*Work to complete*
Please set down exactly the lines of the listing below from the line containing "close_protocol_error = 1002" through the line containing "and the first", both lines included, leaving out all other lines.

**** Supplied material

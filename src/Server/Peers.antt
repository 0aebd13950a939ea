-- ===== src/Server/Peers.antt =====
-- misc/server/peerconmanager.go and peerconnection.go. The connections stand in a heap; each function
-- is one critical section, or one step of a goroutine, and `Step` interleaves them in any order.
-- Whether a message or a close frame can be written is up to the network, an argument of the steps.
pub mod Sections
pub mod Entry
pub mod Entering
pub mod Leaving
pub mod Association
pub mod Delivery
pub mod Order
pub mod Written
pub mod Forwarded
pub mod Relay
use securetunnel.Base.{
  ℕ, suc, ◌<◌, ◌≡◌, ◌↔◌, Bool, true, false, ◌&&◌, List, [], ◌∷◌, ◌++◌, Option, none, some, arith,
  KeyEq, ◌==◌, text_eq, eqb, ltb, if◌then◌else◌, Text, text_eqb, text_eqb_iff, codes, length,
}
use securetunnel.Base.Dict.{lookup, insert, erase}
use securetunnel.Aws.{Mode, other_mode, mode_eqb, mode_eqb_iff, Message}
use securetunnel.Aws.Const.{status_reason_tunnel_closed}

-- `peerConnectionKey`.
pub record Key : Type 0 where
  pub tunnel_id : Text
  pub mode : Mode

unfoldable pub key_eqb : Key → Key → Bool
key_eqb a b = text_eqb a.tunnel_id b.tunnel_id && mode_eqb a.mode b.mode

pub key_eqb_iff : (a b : Key) → (key_eqb a b ≡ true) ↔ (a ≡ b)
unfolding key_eqb
key_eqb_iff a b = ground (arith, text_eqb_iff a.tunnel_id b.tunnel_id, mode_eqb_iff a.mode b.mode)

instance abbrev pub key_eq : KeyEq Key
key_eq = record { is_same = key_eqb; is_same_iff = key_eqb_iff }

abbrev pub other_key : Key → Key
other_key k = record k { mode = other_mode k.mode }

abbrev pub ConRef : Type 0
ConRef = ℕ

-- Where the goroutine of a connection stands: in `run`, behind it, or behind the second critical
-- section of `connect`.
pub data Phase : Type 0 where
  running ended left : Phase

-- `associated_con` is `none` for a `nilConWriter`. `taken` is what the writer took out of the channel,
-- and `written` what it wrote to the WebSocket, behind the ServiceIDs message of `run`.
pub record PeerConnection : Type 0 where
  pub key : Key
  pub service_ids : List Text
  pub associated_con : Option ConRef
  pub closed : Bool
  pub close_frame : Option (ℕ × Text)
  pub ws_closed : Bool
  pub channel_closed : Bool
  pub ch_message : List Message
  pub taken : List Message
  pub written : List Message
  pub write_failed : Bool
  pub phase : Phase

pub record Manager : Type 0 where
  pub peer_con_map : List (Key × ConRef)
  pub con : ℕ → PeerConnection
  pub next : ConRef

-- The capacity of `chMessage`.
abbrev pub channel_capacity : ℕ
channel_capacity = 10

abbrev pub set_con : ConRef → PeerConnection → Manager → Manager
set_con r c m = record m { con = λ i. if eqb r i then c else m.con i }

-- `associate`.
unfoldable pub associate : ConRef → Option ConRef → Manager → Manager
associate r w m = set_con r (record (m.con r) { associated_con = w }) m

-- `close`: only the first call sends a frame, and the socket is closed only if that succeeds.
unfoldable pub closed_con : Bool → ℕ → Text → PeerConnection → PeerConnection
closed_con write_ok code text c =
    if c.closed
    then c
    else if write_ok
    then record c { closed = true; close_frame = some (code, text); ws_closed = true }
    else record c { closed = true }

unfoldable pub close : Bool → ConRef → ℕ → Text → Manager → Manager
unfolding closed_con
close write_ok r code text m = set_con r (closed_con write_ok code text (m.con r)) m

-- RFC 6455's codes.
abbrev pub close_normal_closure : ℕ
close_normal_closure = 1000

abbrev pub close_protocol_error : ℕ
close_protocol_error = 1002

unfoldable pub new_peer_connection : Key → List Text → PeerConnection
new_peer_connection k services = record {
  key = k;
  service_ids = services;
  associated_con = none;
  closed = false;
  close_frame = none;
  ws_closed = false;
  channel_closed = false;
  ch_message = [];
  taken = [];
  written = [];
  write_failed = false;
  phase = running;
}

abbrev pub close_existing : Bool → Option ConRef → Manager → Manager
close_existing write_ok none m = m
close_existing write_ok (some r) m =
    close write_ok r close_protocol_error (codes "overwritten by other connection") m

abbrev pub associate_peers : ConRef → Option ConRef → Manager → Manager
associate_peers r none m = associate r none m
associate_peers r (some o) m = associate o (some r) (associate r (some o) m)

-- `newPeerConnection` and the first critical section of `connect`.
unfoldable pub enter : Bool → Key → List Text → Manager → Manager
unfolding new_peer_connection close associate
enter write_ok k services m =
    let r = m.next in
    let m1 = record (set_con r (new_peer_connection k services) m) { next = suc r } in
    let m2 = close_existing write_ok (lookup k m1.peer_con_map) m1 in
    let m3 = associate_peers r (lookup (other_key k) m2.peer_con_map) m2 in
    record m3 { peer_con_map = insert k r m3.peer_con_map }

-- The end of `run`: the deferred functions close the connection and then its channel. If the
-- ServiceIDs message could not be sent, they have not been deferred.
unfoldable pub end_run : Bool → Bool → ConRef → Manager → Manager
unfolding close
end_run write_ok announced r m =
    let m1 =
      if announced then close write_ok r close_normal_closure (codes "normal closure") m else m in
    set_con r
      (record (m1.con r) {
        channel_closed = if announced then true else (m1.con r).channel_closed;
        phase = ended;
      })
      m1

abbrev pub dissociate : Option ConRef → Manager → Manager
dissociate none m = m
dissociate (some o) m = associate o none m

abbrev pub is_ref : Option ConRef → ConRef → Bool
is_ref none r = false
is_ref (some q) r = eqb q r

abbrev pub remove_entry : Key → Manager → Manager
remove_entry k m =
    dissociate (lookup (other_key k) (erase k m.peer_con_map))
      (record m { peer_con_map = erase k m.peer_con_map })

-- The second critical section of `connect`.
unfoldable pub leave : ConRef → Manager → Manager
unfolding associate
leave r m =
    let k = (m.con r).key in
    let m1 = set_con r (record (m.con r) { phase = left }) m in
    if is_ref (lookup k m.peer_con_map) r then remove_entry k m1 else m1

pub data Sending : Type 0 where
  delivered dropped blocked send_on_closed_channel not_found : Sending

-- `asyncWrite` of a connection: `chMessage <- message`.
unfoldable pub async_write : ConRef → Message → Manager → Sending × Manager
async_write r message m =
    let c = m.con r in
    if c.channel_closed
    then (send_on_closed_channel, m)
    else if ltb (length c.ch_message) channel_capacity
    then (delivered, set_con r (record c { ch_message = c.ch_message ++ (message ∷ []) }) m)
    else (blocked, m)

-- `writeToAssociated`, which each message read from the WebSocket goes through.
unfoldable pub write_to_associated : ConRef → Message → Manager → Sending × Manager
unfolding async_write
write_to_associated r message m = elim (m.con r).associated_con [
  | none ↦ (dropped, m)
  | some o ↦ async_write o message m
]

-- `sendToPeer`.
unfoldable pub send_to_peer : Key → Message → Manager → Sending × Manager
unfolding async_write
send_to_peer k message m = elim (lookup k m.peer_con_map) [
  | none ↦ (not_found, m)
  | some r ↦ async_write r message m
]

abbrev pub written_next : Bool → PeerConnection → List Message → PeerConnection
written_next write_ok c [] = c
written_next true c (message ∷ rest) = record c {
  ch_message = rest;
  taken = c.taken ++ (message ∷ []);
  written = c.written ++ (message ∷ []);
}
written_next false c (message ∷ rest) = record c {
  ch_message = rest;
  taken = c.taken ++ (message ∷ []);
  write_failed = true;
}

-- One round of `startWritingMessage` that takes a message. If the message cannot be serialized or
-- written, the goroutine ends.
unfoldable pub write_next : Bool → ConRef → Manager → Manager
write_next write_ok r m =
    if (m.con r).write_failed
    then m
    else set_con r (written_next write_ok (m.con r) (m.con r).ch_message) m

-- `run`, when the writing goroutine has ended with an error.
unfoldable pub end_writing : Bool → ConRef → Manager → Manager
unfolding close
end_writing write_ok r m = close write_ok r close_normal_closure (codes "normal closure") m

-- `closeExpiredConnection`, with `Open` of the tunnel that the store has under an id, or of `Tunnel{}`.
unfoldable pub close_expired : Bool → (Text → Bool) → List (Key × ConRef) → Manager → Manager
unfolding close
close_expired write_ok is_open [] m = m
close_expired write_ok is_open ((k, r) ∷ entries) m = close_expired write_ok is_open entries (
    if is_open k.tunnel_id
    then m
    else close write_ok r close_normal_closure status_reason_tunnel_closed m)

unfoldable pub close_expired_connection : Bool → (Text → Bool) → Manager → Manager
unfolding close_expired
close_expired_connection write_ok is_open m = close_expired write_ok is_open m.peer_con_map m

-- No connection yet.
abbrev pub start : Manager
start = record {
  peer_con_map = [];
  con = λ r. new_peer_connection (record { tunnel_id = []; mode = Mode.source }) [];
  next = 0;
}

********

*Task output*
close_protocol_error = 1002

unfoldable pub new_peer_connection : Key → List Text → PeerConnection
new_peer_connection k services = record {
  key = k;
  service_ids = services;
  associated_con = none;
  closed = false;
  close_frame = none;
  ws_closed = false;
  channel_closed = false;
  ch_message = [];
  taken = [];
  written = [];
  write_failed = false;
  phase = running;
}

abbrev pub close_existing : Bool → Option ConRef → Manager → Manager
close_existing write_ok none m = m
close_existing write_ok (some r) m =
    close write_ok r close_protocol_error (codes "overwritten by other connection") m

abbrev pub associate_peers : ConRef → Option ConRef → Manager → Manager
associate_peers r none m = associate r none m
associate_peers r (some o) m = associate o (some r) (associate r (some o) m)

-- `newPeerConnection` and the first critical section of `connect`.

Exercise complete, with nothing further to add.